*Task item:* Once you have located the line containing "cancel_to channel start end = record" in the material below, return it exactly along with each line after it through the line containing "-- are each".
┄┄┄┄┄┄┄┄┄┄
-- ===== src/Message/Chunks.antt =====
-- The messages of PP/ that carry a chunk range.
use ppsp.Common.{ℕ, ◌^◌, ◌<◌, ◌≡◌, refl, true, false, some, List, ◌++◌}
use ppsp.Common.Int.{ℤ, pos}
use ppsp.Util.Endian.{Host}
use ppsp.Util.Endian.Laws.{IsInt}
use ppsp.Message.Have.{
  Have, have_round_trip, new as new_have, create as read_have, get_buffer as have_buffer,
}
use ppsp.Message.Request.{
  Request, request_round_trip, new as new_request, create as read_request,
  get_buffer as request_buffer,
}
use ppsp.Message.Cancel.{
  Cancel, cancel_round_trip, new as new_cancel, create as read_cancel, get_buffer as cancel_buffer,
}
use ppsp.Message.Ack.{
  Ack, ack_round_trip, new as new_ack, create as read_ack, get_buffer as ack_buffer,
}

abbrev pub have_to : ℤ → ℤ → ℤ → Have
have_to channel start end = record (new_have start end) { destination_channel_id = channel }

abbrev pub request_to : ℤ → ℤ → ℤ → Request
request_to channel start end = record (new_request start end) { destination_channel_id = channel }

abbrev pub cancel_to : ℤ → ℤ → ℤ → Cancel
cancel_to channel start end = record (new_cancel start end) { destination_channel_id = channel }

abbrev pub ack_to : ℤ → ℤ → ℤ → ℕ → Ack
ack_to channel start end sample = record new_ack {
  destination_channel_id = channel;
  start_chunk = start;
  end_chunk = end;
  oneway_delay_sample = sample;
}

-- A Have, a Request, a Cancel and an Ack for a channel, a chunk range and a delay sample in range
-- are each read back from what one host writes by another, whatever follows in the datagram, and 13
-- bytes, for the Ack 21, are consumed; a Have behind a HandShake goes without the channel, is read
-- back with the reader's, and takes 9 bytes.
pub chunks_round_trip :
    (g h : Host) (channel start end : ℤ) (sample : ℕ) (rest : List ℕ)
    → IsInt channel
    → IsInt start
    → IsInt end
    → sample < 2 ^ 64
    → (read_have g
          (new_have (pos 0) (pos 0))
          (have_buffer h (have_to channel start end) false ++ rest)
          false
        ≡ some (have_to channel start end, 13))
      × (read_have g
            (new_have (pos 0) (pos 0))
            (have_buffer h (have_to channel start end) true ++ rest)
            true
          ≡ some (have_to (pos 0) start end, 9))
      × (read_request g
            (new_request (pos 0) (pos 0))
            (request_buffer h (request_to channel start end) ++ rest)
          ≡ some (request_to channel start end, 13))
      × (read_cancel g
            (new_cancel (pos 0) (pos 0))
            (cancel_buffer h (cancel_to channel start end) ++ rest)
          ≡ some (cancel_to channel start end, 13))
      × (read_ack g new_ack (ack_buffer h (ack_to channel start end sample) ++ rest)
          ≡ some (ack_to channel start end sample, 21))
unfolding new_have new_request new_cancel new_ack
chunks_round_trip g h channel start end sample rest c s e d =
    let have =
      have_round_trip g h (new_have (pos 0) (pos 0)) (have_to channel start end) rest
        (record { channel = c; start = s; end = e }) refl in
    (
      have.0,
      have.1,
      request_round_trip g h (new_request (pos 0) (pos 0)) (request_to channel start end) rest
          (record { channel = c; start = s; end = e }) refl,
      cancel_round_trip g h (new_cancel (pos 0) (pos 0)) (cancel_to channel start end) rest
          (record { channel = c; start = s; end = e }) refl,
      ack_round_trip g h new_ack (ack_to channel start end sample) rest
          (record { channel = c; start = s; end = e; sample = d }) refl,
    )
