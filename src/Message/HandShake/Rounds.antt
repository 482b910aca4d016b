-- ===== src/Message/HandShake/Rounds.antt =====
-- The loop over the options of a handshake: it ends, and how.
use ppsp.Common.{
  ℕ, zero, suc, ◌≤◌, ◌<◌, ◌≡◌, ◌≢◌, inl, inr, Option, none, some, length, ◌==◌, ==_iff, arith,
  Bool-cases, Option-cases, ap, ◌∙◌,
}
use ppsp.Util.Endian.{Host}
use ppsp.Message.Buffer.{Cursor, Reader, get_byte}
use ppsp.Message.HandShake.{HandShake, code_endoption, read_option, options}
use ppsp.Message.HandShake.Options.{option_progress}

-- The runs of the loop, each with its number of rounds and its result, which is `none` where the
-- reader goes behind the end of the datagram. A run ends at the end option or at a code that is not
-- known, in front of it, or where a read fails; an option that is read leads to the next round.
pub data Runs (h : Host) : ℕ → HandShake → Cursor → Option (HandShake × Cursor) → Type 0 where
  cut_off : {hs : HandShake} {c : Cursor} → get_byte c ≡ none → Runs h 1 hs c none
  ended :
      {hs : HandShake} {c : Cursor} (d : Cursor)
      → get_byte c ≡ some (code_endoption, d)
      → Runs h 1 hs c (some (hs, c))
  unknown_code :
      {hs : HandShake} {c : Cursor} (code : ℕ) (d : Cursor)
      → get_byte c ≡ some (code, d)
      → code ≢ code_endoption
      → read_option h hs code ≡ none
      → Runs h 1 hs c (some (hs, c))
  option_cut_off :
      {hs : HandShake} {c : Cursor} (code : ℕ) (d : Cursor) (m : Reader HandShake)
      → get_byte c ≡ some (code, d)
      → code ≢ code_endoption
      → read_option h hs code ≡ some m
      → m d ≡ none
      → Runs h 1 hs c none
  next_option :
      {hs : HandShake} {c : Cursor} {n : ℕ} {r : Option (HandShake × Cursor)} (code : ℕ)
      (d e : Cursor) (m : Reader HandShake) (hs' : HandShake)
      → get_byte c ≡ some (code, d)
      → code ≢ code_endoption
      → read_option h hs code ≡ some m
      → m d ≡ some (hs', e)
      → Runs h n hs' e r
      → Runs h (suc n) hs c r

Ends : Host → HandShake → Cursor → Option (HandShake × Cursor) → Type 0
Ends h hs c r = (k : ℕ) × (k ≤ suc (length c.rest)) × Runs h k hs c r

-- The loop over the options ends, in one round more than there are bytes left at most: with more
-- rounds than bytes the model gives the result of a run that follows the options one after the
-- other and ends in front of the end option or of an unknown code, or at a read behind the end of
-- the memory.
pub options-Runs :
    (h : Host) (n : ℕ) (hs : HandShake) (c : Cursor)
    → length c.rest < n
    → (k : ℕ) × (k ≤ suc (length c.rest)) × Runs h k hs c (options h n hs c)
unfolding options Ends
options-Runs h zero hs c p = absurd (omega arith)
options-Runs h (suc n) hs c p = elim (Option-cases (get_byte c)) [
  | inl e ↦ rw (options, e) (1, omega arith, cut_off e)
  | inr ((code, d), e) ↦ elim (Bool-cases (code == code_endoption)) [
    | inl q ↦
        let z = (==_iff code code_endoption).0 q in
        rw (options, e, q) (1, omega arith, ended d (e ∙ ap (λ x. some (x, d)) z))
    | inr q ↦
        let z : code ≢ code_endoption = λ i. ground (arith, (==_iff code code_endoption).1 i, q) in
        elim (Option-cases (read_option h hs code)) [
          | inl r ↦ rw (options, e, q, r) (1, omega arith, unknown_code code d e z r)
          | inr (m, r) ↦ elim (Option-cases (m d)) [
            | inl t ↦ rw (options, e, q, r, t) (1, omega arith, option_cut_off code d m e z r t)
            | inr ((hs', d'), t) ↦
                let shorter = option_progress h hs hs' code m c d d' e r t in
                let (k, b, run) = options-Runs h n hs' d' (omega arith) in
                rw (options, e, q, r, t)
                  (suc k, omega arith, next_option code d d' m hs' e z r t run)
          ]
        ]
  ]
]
┄┄┄┄┄┄┄┄┄┄
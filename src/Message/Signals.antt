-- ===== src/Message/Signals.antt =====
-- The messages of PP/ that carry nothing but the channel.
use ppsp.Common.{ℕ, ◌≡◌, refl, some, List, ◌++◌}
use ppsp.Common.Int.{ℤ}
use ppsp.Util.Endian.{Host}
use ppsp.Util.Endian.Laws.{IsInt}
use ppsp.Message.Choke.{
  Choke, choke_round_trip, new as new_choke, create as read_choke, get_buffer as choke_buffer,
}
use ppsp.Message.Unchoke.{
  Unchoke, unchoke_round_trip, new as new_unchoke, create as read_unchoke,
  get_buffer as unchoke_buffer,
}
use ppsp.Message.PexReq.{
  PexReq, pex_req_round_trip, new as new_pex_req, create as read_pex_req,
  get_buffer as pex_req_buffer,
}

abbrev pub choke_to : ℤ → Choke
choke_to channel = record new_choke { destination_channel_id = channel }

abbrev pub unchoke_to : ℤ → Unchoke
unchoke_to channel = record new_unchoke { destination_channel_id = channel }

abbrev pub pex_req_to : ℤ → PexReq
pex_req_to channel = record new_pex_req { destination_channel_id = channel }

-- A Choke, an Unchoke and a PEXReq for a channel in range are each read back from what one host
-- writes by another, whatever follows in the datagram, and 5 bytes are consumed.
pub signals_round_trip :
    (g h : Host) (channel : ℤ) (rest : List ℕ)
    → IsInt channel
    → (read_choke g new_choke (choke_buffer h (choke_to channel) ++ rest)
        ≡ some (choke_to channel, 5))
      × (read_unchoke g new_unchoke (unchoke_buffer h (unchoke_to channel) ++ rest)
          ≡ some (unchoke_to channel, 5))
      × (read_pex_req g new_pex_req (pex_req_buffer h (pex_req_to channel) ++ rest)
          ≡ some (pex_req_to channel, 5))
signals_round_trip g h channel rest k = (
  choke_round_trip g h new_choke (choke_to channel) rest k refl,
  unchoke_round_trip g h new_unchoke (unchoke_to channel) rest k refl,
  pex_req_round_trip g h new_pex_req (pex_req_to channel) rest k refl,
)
┄┄┄┄┄┄┄┄┄┄
*Solution to the exercise:*
cancel_to channel start end = record (new_cancel start end) { destination_channel_id = channel }

abbrev pub ack_to : ℤ → ℤ → ℤ → ℕ → Ack
ack_to channel start end sample = record new_ack {
  destination_channel_id = channel;
  start_chunk = start;
  end_chunk = end;
  oneway_delay_sample = sample;
}

-- A Have, a Request, a Cancel and an Ack for a channel, a chunk range and a delay sample in range
-- are each read back from what one host writes by another, whatever follows in the datagram, and 13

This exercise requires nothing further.